_WORK ORDER_
Read the lines below and count those that have the word "Nonces". Respond with the number only.

_PROVIDED RECORDS_
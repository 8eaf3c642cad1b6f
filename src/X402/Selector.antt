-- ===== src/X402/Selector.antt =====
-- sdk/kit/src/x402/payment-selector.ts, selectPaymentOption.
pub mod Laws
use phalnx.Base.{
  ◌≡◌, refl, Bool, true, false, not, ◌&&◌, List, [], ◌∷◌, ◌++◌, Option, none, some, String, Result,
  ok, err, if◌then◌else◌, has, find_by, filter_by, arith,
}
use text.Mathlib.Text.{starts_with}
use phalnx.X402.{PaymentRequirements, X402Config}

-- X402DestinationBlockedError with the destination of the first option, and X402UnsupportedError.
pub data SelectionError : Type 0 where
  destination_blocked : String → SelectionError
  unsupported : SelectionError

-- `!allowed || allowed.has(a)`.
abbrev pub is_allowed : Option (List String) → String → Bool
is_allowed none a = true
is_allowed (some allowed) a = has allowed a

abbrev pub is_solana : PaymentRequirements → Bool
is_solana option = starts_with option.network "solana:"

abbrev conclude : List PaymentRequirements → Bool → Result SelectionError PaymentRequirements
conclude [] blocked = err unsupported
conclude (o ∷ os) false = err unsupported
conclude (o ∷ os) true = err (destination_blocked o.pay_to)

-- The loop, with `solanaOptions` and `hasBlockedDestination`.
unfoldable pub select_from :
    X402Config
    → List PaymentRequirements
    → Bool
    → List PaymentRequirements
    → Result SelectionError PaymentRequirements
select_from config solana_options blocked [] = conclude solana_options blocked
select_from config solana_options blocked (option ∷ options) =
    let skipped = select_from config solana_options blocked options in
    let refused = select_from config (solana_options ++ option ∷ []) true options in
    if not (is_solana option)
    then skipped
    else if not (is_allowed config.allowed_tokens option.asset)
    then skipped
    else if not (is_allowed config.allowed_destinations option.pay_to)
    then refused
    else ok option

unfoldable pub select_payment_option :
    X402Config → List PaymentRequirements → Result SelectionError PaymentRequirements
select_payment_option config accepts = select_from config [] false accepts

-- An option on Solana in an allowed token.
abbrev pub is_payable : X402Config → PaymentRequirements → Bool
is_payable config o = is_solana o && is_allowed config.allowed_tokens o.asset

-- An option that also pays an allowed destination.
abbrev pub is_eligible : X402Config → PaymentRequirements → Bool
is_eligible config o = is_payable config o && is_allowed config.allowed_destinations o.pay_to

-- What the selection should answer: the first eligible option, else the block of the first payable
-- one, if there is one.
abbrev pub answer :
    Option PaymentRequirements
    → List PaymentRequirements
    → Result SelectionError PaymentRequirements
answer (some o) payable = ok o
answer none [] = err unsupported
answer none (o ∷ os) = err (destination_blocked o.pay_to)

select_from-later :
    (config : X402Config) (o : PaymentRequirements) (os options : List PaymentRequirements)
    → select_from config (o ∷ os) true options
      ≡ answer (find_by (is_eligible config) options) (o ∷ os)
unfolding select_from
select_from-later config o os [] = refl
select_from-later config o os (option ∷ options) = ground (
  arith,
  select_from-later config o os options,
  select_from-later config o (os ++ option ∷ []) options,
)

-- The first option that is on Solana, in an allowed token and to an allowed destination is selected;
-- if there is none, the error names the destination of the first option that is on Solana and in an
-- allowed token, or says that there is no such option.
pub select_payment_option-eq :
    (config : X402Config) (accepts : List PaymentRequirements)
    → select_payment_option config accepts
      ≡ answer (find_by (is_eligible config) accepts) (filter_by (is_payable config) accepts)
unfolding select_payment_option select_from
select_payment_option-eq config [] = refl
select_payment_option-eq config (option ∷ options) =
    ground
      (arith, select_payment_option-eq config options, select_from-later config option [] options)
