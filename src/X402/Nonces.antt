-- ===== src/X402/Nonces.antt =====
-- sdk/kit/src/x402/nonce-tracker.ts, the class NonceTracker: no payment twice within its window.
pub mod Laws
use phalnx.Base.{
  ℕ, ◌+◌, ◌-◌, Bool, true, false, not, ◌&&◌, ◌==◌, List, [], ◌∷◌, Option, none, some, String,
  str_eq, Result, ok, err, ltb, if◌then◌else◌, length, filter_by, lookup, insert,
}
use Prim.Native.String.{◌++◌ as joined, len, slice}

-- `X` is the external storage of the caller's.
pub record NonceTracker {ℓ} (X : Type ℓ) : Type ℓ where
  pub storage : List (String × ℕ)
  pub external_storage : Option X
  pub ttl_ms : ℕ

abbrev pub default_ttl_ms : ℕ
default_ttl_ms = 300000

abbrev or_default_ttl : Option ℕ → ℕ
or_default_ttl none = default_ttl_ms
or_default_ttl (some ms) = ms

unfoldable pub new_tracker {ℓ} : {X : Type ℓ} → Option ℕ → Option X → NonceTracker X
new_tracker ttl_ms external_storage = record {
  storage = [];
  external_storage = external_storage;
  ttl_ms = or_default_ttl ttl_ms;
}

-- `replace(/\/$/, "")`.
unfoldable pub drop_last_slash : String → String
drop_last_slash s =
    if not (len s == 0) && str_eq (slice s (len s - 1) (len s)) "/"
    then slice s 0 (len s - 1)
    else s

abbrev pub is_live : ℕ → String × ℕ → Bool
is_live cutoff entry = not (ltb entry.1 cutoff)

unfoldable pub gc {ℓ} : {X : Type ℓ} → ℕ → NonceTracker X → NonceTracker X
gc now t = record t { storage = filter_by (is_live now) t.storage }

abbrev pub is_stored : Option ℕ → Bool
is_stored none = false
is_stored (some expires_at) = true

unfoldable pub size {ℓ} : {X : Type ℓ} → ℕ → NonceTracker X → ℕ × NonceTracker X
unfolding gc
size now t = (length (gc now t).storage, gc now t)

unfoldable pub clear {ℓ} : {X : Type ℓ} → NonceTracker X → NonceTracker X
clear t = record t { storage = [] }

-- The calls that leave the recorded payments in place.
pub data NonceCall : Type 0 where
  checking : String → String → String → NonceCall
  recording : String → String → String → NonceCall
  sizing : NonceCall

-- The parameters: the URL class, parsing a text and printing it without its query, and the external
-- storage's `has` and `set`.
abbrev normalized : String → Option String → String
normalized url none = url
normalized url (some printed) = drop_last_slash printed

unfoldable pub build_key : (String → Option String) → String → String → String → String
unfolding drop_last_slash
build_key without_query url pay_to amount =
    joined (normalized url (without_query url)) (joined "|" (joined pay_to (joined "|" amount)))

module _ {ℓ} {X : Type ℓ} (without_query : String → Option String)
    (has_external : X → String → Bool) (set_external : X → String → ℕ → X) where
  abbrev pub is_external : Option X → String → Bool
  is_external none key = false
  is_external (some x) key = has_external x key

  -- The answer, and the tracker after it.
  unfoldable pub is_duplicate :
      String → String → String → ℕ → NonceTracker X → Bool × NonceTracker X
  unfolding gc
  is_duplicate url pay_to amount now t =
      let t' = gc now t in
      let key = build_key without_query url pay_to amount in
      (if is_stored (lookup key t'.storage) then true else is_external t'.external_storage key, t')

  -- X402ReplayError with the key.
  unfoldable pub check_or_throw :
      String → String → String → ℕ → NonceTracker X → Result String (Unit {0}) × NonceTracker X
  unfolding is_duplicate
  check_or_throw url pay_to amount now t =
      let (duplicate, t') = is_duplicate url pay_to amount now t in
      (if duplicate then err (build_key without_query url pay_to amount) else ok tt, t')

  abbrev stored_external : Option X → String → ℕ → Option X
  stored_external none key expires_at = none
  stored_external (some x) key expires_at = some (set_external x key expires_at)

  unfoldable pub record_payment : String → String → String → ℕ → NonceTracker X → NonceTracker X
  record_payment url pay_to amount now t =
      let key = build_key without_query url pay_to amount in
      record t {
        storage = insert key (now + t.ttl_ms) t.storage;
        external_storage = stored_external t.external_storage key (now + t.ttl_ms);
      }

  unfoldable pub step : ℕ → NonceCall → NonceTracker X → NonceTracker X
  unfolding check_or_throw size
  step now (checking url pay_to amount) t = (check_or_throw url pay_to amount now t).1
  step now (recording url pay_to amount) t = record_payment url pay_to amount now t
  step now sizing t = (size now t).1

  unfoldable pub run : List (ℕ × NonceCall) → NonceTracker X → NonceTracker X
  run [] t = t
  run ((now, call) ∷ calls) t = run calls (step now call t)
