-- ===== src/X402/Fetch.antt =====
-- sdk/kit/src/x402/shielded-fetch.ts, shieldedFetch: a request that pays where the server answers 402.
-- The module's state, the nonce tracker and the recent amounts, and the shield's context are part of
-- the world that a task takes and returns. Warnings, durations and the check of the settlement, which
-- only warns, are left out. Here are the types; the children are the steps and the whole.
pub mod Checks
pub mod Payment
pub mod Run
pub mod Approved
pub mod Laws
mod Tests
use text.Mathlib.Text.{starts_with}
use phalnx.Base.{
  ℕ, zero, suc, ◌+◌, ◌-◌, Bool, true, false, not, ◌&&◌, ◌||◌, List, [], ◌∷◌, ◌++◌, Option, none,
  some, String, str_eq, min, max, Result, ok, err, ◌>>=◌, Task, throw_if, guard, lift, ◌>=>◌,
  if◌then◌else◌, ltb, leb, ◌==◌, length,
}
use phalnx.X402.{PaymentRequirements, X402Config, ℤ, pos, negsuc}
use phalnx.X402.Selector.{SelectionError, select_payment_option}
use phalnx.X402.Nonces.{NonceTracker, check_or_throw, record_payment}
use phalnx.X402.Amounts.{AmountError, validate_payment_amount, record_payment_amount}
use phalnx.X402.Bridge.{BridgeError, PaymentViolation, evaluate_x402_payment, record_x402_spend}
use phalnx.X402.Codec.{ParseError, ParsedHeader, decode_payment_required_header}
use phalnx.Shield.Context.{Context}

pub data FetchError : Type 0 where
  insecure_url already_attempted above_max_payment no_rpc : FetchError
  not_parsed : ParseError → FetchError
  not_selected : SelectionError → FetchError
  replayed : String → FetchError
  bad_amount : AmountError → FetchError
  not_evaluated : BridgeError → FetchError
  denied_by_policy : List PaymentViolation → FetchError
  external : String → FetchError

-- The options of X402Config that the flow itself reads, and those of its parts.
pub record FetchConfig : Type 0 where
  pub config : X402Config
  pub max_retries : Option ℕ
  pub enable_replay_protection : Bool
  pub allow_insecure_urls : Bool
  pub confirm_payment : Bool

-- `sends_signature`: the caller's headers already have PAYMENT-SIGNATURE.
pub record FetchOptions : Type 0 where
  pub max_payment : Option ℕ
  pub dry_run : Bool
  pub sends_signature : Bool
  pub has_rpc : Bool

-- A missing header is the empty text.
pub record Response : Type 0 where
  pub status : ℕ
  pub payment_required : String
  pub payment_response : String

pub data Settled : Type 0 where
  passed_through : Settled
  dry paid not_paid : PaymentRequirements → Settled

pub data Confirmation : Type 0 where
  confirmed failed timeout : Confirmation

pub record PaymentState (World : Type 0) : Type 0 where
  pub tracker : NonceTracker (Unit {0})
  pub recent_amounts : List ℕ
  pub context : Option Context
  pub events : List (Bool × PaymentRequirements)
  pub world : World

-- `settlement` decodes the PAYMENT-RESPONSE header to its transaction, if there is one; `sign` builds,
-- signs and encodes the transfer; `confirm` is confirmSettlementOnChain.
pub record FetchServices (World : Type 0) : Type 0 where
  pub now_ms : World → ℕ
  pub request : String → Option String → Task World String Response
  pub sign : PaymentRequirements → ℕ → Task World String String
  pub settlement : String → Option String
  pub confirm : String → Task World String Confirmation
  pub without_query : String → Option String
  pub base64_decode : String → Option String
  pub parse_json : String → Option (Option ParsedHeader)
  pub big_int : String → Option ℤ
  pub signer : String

_PROBLEM SOLUTION_
3